## [Activity]
All entries must be extracted exactly, with nothing added or dropped.

## [Extracted information]
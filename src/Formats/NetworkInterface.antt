-- ===== src/Formats/NetworkInterface.antt =====
-- How the D-Bus values of src/network_interface.hpp become enumerators.
use obmc_yadro_webapp.Prelude.{ℕ, Option, List, [], ◌∷◌, ◌++◌, nat_eq, text_eq}
use obmc_yadro_webapp.Prelude.Text.{Text, text}
use obmc_yadro_webapp.Entity.{FieldType}
use obmc_yadro_webapp.Formats.Base.{format_value_from_dict, raw_string, bool_eq}

pub data IpOrigin : Type 0 where
  static_origin dhcp link_local slaac : IpOrigin

unfoldable pub ip_origin_to_int : IpOrigin → ℕ
ip_origin_to_int IpOrigin.static_origin = 0
ip_origin_to_int IpOrigin.dhcp = 1
ip_origin_to_int IpOrigin.link_local = 2
ip_origin_to_int IpOrigin.slaac = 3

abbrev ip_origin_name : Text → Text
ip_origin_name val = text "xyz.openbmc_project.Network.IP.AddressOrigin." ++ val

unfoldable pub ip_origin_dict : List (Text × IpOrigin)
ip_origin_dict =
    (ip_origin_name (text "Static"), IpOrigin.static_origin)
    ∷ (ip_origin_name (text "DHCP"), IpOrigin.dhcp)
    ∷ (ip_origin_name (text "LinkLocal"), IpOrigin.link_local)
    ∷ (ip_origin_name (text "SLAAC"), IpOrigin.slaac)
    ∷ []

unfoldable pub format_ip_origin : FieldType → Option FieldType
unfolding format_value_from_dict ip_origin_dict ip_origin_to_int
format_ip_origin value =
    format_value_from_dict raw_string ip_origin_to_int ip_origin_dict IpOrigin.static_origin value

pub data IpType : Type 0 where
  ipv4 ipv6 : IpType

unfoldable pub ip_type_to_int : IpType → ℕ
ip_type_to_int IpType.ipv4 = 0
ip_type_to_int IpType.ipv6 = 1

abbrev ip_type_name : Text → Text
ip_type_name val = text "xyz.openbmc_project.Network.IP.Protocol." ++ val

unfoldable pub ip_type_dict : List (Text × IpType)
ip_type_dict =
    (ip_type_name (text "IPv4"), IpType.ipv4) ∷ (ip_type_name (text "IPv6"), IpType.ipv6) ∷ []

unfoldable pub format_ip_type : FieldType → Option FieldType
unfolding format_value_from_dict ip_type_dict ip_type_to_int
format_ip_type value =
    format_value_from_dict raw_string ip_type_to_int ip_type_dict IpType.ipv4 value

pub data EthernetDhcpState : Type 0 where
  both v4 v6 none : EthernetDhcpState

unfoldable pub ethernet_dhcp_state_to_int : EthernetDhcpState → ℕ
ethernet_dhcp_state_to_int EthernetDhcpState.both = 0
ethernet_dhcp_state_to_int EthernetDhcpState.v4 = 1
ethernet_dhcp_state_to_int EthernetDhcpState.v6 = 2
ethernet_dhcp_state_to_int EthernetDhcpState.none = 3

abbrev ethernet_dhcp_state_name : Text → Text
ethernet_dhcp_state_name val = text "xyz.openbmc_project.Network.EthernetInterface.DHCPConf." ++ val

unfoldable pub ethernet_dhcp_state_dict : List (Text × EthernetDhcpState)
ethernet_dhcp_state_dict =
    (ethernet_dhcp_state_name (text "both"), EthernetDhcpState.both)
    ∷ (ethernet_dhcp_state_name (text "v4"), EthernetDhcpState.v4)
    ∷ (ethernet_dhcp_state_name (text "v6"), EthernetDhcpState.v6)
    ∷ (ethernet_dhcp_state_name (text "none"), EthernetDhcpState.none)
    ∷ []

unfoldable pub format_ethernet_dhcp_state : FieldType → Option FieldType
unfolding format_value_from_dict ethernet_dhcp_state_dict ethernet_dhcp_state_to_int
format_ethernet_dhcp_state value =
    format_value_from_dict raw_string ethernet_dhcp_state_to_int ethernet_dhcp_state_dict
      EthernetDhcpState.none value

pub data EthernetLinkConfiguration : Type 0 where
  fallback both v4 v6 none : EthernetLinkConfiguration

unfoldable pub ethernet_link_configuration_to_int : EthernetLinkConfiguration → ℕ
ethernet_link_configuration_to_int EthernetLinkConfiguration.fallback = 0
ethernet_link_configuration_to_int EthernetLinkConfiguration.both = 1
ethernet_link_configuration_to_int EthernetLinkConfiguration.v4 = 2
ethernet_link_configuration_to_int EthernetLinkConfiguration.v6 = 3
ethernet_link_configuration_to_int EthernetLinkConfiguration.none = 4

abbrev ethernet_link_configuration_name : Text → Text
ethernet_link_configuration_name val =
    text "xyz.openbmc_project.Network.EthernetInterface.LinkLocalConf." ++ val

unfoldable pub ethernet_link_configuration_dict : List (Text × EthernetLinkConfiguration)
ethernet_link_configuration_dict =
    (ethernet_link_configuration_name (text "fallback"), EthernetLinkConfiguration.fallback)
    ∷ (ethernet_link_configuration_name (text "both"), EthernetLinkConfiguration.both)
    ∷ (ethernet_link_configuration_name (text "v4"), EthernetLinkConfiguration.v4)
    ∷ (ethernet_link_configuration_name (text "v6"), EthernetLinkConfiguration.v6)
    ∷ (ethernet_link_configuration_name (text "none"), EthernetLinkConfiguration.none)
    ∷ []

unfoldable pub format_ethernet_link_configuration : FieldType → Option FieldType
unfolding format_value_from_dict ethernet_link_configuration_dict ethernet_link_configuration_to_int
format_ethernet_link_configuration value =
    format_value_from_dict raw_string ethernet_link_configuration_to_int
      ethernet_link_configuration_dict EthernetLinkConfiguration.none value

## [Written response]
filename src/Formats/NetworkInterface.antt
-- ===== src/Formats/NetworkInterface.antt =====
-- How the D-Bus values of src/network_interface.hpp become enumerators.
use obmc_yadro_webapp.Prelude.{ℕ, Option, List, [], ◌∷◌, ◌++◌, nat_eq, text_eq}
use obmc_yadro_webapp.Prelude.Text.{Text, text}
use obmc_yadro_webapp.Entity.{FieldType}
use obmc_yadro_webapp.Formats.Base.{format_value_from_dict, raw_string, bool_eq}

pub data IpOrigin : Type 0 where
  static_origin dhcp link_local slaac : IpOrigin

unfoldable pub ip_origin_to_int : IpOrigin → ℕ
ip_origin_to_int IpOrigin.static_origin = 0
ip_origin_to_int IpOrigin.dhcp = 1
ip_origin_to_int IpOrigin.link_local = 2
ip_origin_to_int IpOrigin.slaac = 3

abbrev ip_origin_name : Text → Text
ip_origin_name val = text "xyz.openbmc_project.Network.IP.AddressOrigin." ++ val

unfoldable pub ip_origin_dict : List (Text × IpOrigin)
ip_origin_dict =
    (ip_origin_name (text "Static"), IpOrigin.static_origin)
    ∷ (ip_origin_name (text "DHCP"), IpOrigin.dhcp)
    ∷ (ip_origin_name (text "LinkLocal"), IpOrigin.link_local)
    ∷ (ip_origin_name (text "SLAAC"), IpOrigin.slaac)
    ∷ []

unfoldable pub format_ip_origin : FieldType → Option FieldType
unfolding format_value_from_dict ip_origin_dict ip_origin_to_int
format_ip_origin value =
    format_value_from_dict raw_string ip_origin_to_int ip_origin_dict IpOrigin.static_origin value

pub data IpType : Type 0 where
  ipv4 ipv6 : IpType

unfoldable pub ip_type_to_int : IpType → ℕ
ip_type_to_int IpType.ipv4 = 0
ip_type_to_int IpType.ipv6 = 1

abbrev ip_type_name : Text → Text
ip_type_name val = text "xyz.openbmc_project.Network.IP.Protocol." ++ val

unfoldable pub ip_type_dict : List (Text × IpType)
ip_type_dict =
    (ip_type_name (text "IPv4"), IpType.ipv4) ∷ (ip_type_name (text "IPv6"), IpType.ipv6) ∷ []

unfoldable pub format_ip_type : FieldType → Option FieldType
unfolding format_value_from_dict ip_type_dict ip_type_to_int
format_ip_type value =
    format_value_from_dict raw_string ip_type_to_int ip_type_dict IpType.ipv4 value

pub data EthernetDhcpState : Type 0 where
  both v4 v6 none : EthernetDhcpState

unfoldable pub ethernet_dhcp_state_to_int : EthernetDhcpState → ℕ
ethernet_dhcp_state_to_int EthernetDhcpState.both = 0
ethernet_dhcp_state_to_int EthernetDhcpState.v4 = 1
ethernet_dhcp_state_to_int EthernetDhcpState.v6 = 2
ethernet_dhcp_state_to_int EthernetDhcpState.none = 3

abbrev ethernet_dhcp_state_name : Text → Text
ethernet_dhcp_state_name val = text "xyz.openbmc_project.Network.EthernetInterface.DHCPConf." ++ val

unfoldable pub ethernet_dhcp_state_dict : List (Text × EthernetDhcpState)
ethernet_dhcp_state_dict =
    (ethernet_dhcp_state_name (text "both"), EthernetDhcpState.both)
    ∷ (ethernet_dhcp_state_name (text "v4"), EthernetDhcpState.v4)
    ∷ (ethernet_dhcp_state_name (text "v6"), EthernetDhcpState.v6)
    ∷ (ethernet_dhcp_state_name (text "none"), EthernetDhcpState.none)
    ∷ []

unfoldable pub format_ethernet_dhcp_state : FieldType → Option FieldType
unfolding format_value_from_dict ethernet_dhcp_state_dict ethernet_dhcp_state_to_int
format_ethernet_dhcp_state value =
    format_value_from_dict raw_string ethernet_dhcp_state_to_int ethernet_dhcp_state_dict
      EthernetDhcpState.none value

pub data EthernetLinkConfiguration : Type 0 where
  fallback both v4 v6 none : EthernetLinkConfiguration

unfoldable pub ethernet_link_configuration_to_int : EthernetLinkConfiguration → ℕ
ethernet_link_configuration_to_int EthernetLinkConfiguration.fallback = 0
ethernet_link_configuration_to_int EthernetLinkConfiguration.both = 1
ethernet_link_configuration_to_int EthernetLinkConfiguration.v4 = 2
ethernet_link_configuration_to_int EthernetLinkConfiguration.v6 = 3
ethernet_link_configuration_to_int EthernetLinkConfiguration.none = 4

abbrev ethernet_link_configuration_name : Text → Text
ethernet_link_configuration_name val =
    text "xyz.openbmc_project.Network.EthernetInterface.LinkLocalConf." ++ val

unfoldable pub ethernet_link_configuration_dict : List (Text × EthernetLinkConfiguration)
ethernet_link_configuration_dict =
    (ethernet_link_configuration_name (text "fallback"), EthernetLinkConfiguration.fallback)
    ∷ (ethernet_link_configuration_name (text "both"), EthernetLinkConfiguration.both)
    ∷ (ethernet_link_configuration_name (text "v4"), EthernetLinkConfiguration.v4)
    ∷ (ethernet_link_configuration_name (text "v6"), EthernetLinkConfiguration.v6)
    ∷ (ethernet_link_configuration_name (text "none"), EthernetLinkConfiguration.none)
    ∷ []

unfoldable pub format_ethernet_link_configuration : FieldType → Option FieldType
unfolding format_value_from_dict ethernet_link_configuration_dict ethernet_link_configuration_to_int
format_ethernet_link_configuration value =
    format_value_from_dict raw_string ethernet_link_configuration_to_int
      ethernet_link_configuration_dict EthernetLinkConfiguration.none value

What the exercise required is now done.